_EXERCISE DETAILS:_ Below are several records. Retype exactly those lines running from the one with "pub mod Queue" through the one with "pub closing_once : (c", end lines included, and no others.

- Opening Delimiter -

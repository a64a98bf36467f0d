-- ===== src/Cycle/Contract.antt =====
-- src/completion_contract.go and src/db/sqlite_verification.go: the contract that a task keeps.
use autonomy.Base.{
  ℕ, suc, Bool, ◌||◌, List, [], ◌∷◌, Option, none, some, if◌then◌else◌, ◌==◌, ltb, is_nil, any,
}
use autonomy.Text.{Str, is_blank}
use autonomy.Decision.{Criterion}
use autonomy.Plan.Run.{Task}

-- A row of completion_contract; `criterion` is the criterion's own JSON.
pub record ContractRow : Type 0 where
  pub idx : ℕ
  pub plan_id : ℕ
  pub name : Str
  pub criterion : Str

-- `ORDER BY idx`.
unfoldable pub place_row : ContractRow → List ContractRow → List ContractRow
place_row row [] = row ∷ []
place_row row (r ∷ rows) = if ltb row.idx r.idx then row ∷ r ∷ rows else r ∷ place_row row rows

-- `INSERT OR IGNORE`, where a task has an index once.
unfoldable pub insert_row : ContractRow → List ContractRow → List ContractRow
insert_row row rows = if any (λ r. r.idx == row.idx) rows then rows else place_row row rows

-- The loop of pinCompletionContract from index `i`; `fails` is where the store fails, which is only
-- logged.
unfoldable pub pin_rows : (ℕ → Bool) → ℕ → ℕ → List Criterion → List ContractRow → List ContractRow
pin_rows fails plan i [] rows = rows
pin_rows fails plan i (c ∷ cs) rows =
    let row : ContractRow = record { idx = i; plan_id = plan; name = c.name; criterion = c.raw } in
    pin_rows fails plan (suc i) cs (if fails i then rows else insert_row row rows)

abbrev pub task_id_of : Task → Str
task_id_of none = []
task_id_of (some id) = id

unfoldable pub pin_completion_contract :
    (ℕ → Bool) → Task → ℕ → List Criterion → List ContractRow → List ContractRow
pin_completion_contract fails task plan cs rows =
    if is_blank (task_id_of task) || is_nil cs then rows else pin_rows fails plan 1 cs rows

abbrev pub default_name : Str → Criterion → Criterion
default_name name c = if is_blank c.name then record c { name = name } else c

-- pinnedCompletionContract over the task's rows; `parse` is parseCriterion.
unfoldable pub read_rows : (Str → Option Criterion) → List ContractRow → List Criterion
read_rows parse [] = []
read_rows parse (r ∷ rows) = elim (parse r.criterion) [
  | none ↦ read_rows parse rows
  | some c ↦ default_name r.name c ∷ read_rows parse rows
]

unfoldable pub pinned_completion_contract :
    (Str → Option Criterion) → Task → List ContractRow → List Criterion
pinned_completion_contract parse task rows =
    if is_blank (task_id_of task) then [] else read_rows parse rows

- Closing Delimiter -
- Opening Delimiter -

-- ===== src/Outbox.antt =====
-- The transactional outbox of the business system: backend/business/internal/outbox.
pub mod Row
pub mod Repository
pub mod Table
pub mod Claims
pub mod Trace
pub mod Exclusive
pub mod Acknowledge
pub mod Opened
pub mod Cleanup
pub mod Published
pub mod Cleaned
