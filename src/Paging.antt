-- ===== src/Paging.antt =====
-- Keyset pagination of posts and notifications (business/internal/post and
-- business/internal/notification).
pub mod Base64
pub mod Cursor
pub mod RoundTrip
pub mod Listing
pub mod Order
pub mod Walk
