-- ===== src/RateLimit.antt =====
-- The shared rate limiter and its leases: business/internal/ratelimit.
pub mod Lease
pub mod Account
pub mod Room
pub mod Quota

- Closing Delimiter -
- Opening Delimiter -

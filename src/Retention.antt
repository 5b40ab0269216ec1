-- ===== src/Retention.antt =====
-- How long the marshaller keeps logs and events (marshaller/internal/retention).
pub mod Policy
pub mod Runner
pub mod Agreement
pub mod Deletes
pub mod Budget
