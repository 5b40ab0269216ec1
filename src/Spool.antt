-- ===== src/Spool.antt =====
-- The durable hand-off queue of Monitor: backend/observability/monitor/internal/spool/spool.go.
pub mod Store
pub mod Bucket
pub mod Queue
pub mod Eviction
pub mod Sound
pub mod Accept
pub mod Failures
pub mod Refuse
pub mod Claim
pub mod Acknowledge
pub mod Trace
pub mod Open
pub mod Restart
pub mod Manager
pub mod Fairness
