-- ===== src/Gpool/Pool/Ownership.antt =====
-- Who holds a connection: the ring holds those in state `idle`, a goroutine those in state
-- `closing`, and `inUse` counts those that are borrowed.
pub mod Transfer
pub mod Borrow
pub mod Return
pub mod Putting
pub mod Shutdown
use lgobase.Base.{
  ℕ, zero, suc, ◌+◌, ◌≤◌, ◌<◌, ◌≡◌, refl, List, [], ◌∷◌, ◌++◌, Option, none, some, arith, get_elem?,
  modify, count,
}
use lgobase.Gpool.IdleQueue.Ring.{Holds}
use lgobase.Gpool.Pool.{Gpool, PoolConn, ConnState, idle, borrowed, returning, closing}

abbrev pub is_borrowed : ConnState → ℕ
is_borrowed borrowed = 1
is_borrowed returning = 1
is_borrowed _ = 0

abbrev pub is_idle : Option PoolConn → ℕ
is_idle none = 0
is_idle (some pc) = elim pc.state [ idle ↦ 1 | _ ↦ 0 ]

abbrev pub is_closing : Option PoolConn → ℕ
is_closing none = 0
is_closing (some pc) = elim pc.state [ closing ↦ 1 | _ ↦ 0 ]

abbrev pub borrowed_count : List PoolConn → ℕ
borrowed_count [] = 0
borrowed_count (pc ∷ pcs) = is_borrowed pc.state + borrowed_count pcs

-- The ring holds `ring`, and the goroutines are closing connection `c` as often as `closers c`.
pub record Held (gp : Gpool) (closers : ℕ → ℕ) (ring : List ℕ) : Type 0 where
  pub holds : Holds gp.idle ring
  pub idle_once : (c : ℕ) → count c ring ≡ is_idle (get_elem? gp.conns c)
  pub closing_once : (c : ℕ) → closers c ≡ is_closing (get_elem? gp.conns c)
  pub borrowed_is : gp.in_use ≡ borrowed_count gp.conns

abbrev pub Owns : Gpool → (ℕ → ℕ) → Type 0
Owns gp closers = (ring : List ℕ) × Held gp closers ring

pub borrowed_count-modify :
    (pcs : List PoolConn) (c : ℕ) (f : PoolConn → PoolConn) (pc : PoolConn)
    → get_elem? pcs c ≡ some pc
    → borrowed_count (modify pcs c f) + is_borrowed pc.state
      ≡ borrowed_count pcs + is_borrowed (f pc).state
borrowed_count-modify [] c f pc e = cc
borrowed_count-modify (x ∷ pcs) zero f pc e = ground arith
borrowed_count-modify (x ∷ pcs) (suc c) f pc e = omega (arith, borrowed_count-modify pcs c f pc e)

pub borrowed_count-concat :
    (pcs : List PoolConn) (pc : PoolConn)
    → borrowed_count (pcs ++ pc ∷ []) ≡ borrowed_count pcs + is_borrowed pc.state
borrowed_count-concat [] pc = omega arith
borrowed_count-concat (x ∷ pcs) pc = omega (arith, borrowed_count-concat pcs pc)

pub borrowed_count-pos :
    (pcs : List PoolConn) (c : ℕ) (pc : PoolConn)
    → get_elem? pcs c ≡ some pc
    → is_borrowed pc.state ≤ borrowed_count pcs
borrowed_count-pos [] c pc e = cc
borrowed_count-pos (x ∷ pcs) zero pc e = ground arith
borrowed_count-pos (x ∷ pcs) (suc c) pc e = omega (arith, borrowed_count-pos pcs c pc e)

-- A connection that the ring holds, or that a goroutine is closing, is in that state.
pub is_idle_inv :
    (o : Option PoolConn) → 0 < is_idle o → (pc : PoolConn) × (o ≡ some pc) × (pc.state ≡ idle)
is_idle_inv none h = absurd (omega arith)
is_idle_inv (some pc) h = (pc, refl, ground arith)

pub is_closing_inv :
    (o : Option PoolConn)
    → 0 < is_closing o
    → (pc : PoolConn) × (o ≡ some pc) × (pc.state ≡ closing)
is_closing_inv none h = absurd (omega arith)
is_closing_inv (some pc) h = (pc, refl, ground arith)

- Closing Delimiter -

_WRITTEN ANSWER:_
pub mod Queue
pub mod Eviction
pub mod Sound
pub mod Accept
pub mod Failures
pub mod Refuse
pub mod Claim
pub mod Acknowledge
pub mod Trace
pub mod Open
pub mod Restart
pub mod Manager
pub mod Fairness
-- ===== src/Gpool/Pool/Ownership.antt =====
-- Who holds a connection: the ring holds those in state `idle`, a goroutine those in state
-- `closing`, and `inUse` counts those that are borrowed.
pub mod Transfer
pub mod Borrow
pub mod Return
pub mod Putting
pub mod Shutdown
use lgobase.Base.{
  ℕ, zero, suc, ◌+◌, ◌≤◌, ◌<◌, ◌≡◌, refl, List, [], ◌∷◌, ◌++◌, Option, none, some, arith, get_elem?,
  modify, count,
}
use lgobase.Gpool.IdleQueue.Ring.{Holds}
use lgobase.Gpool.Pool.{Gpool, PoolConn, ConnState, idle, borrowed, returning, closing}

abbrev pub is_borrowed : ConnState → ℕ
is_borrowed borrowed = 1
is_borrowed returning = 1
is_borrowed _ = 0

abbrev pub is_idle : Option PoolConn → ℕ
is_idle none = 0
is_idle (some pc) = elim pc.state [ idle ↦ 1 | _ ↦ 0 ]

abbrev pub is_closing : Option PoolConn → ℕ
is_closing none = 0
is_closing (some pc) = elim pc.state [ closing ↦ 1 | _ ↦ 0 ]

abbrev pub borrowed_count : List PoolConn → ℕ
borrowed_count [] = 0
borrowed_count (pc ∷ pcs) = is_borrowed pc.state + borrowed_count pcs

-- The ring holds `ring`, and the goroutines are closing connection `c` as often as `closers c`.
pub record Held (gp : Gpool) (closers : ℕ → ℕ) (ring : List ℕ) : Type 0 where
  pub holds : Holds gp.idle ring
  pub idle_once : (c : ℕ) → count c ring ≡ is_idle (get_elem? gp.conns c)
  pub closing_once : (c : ℕ) → closers c ≡ is_closing (get_elem? gp.conns c)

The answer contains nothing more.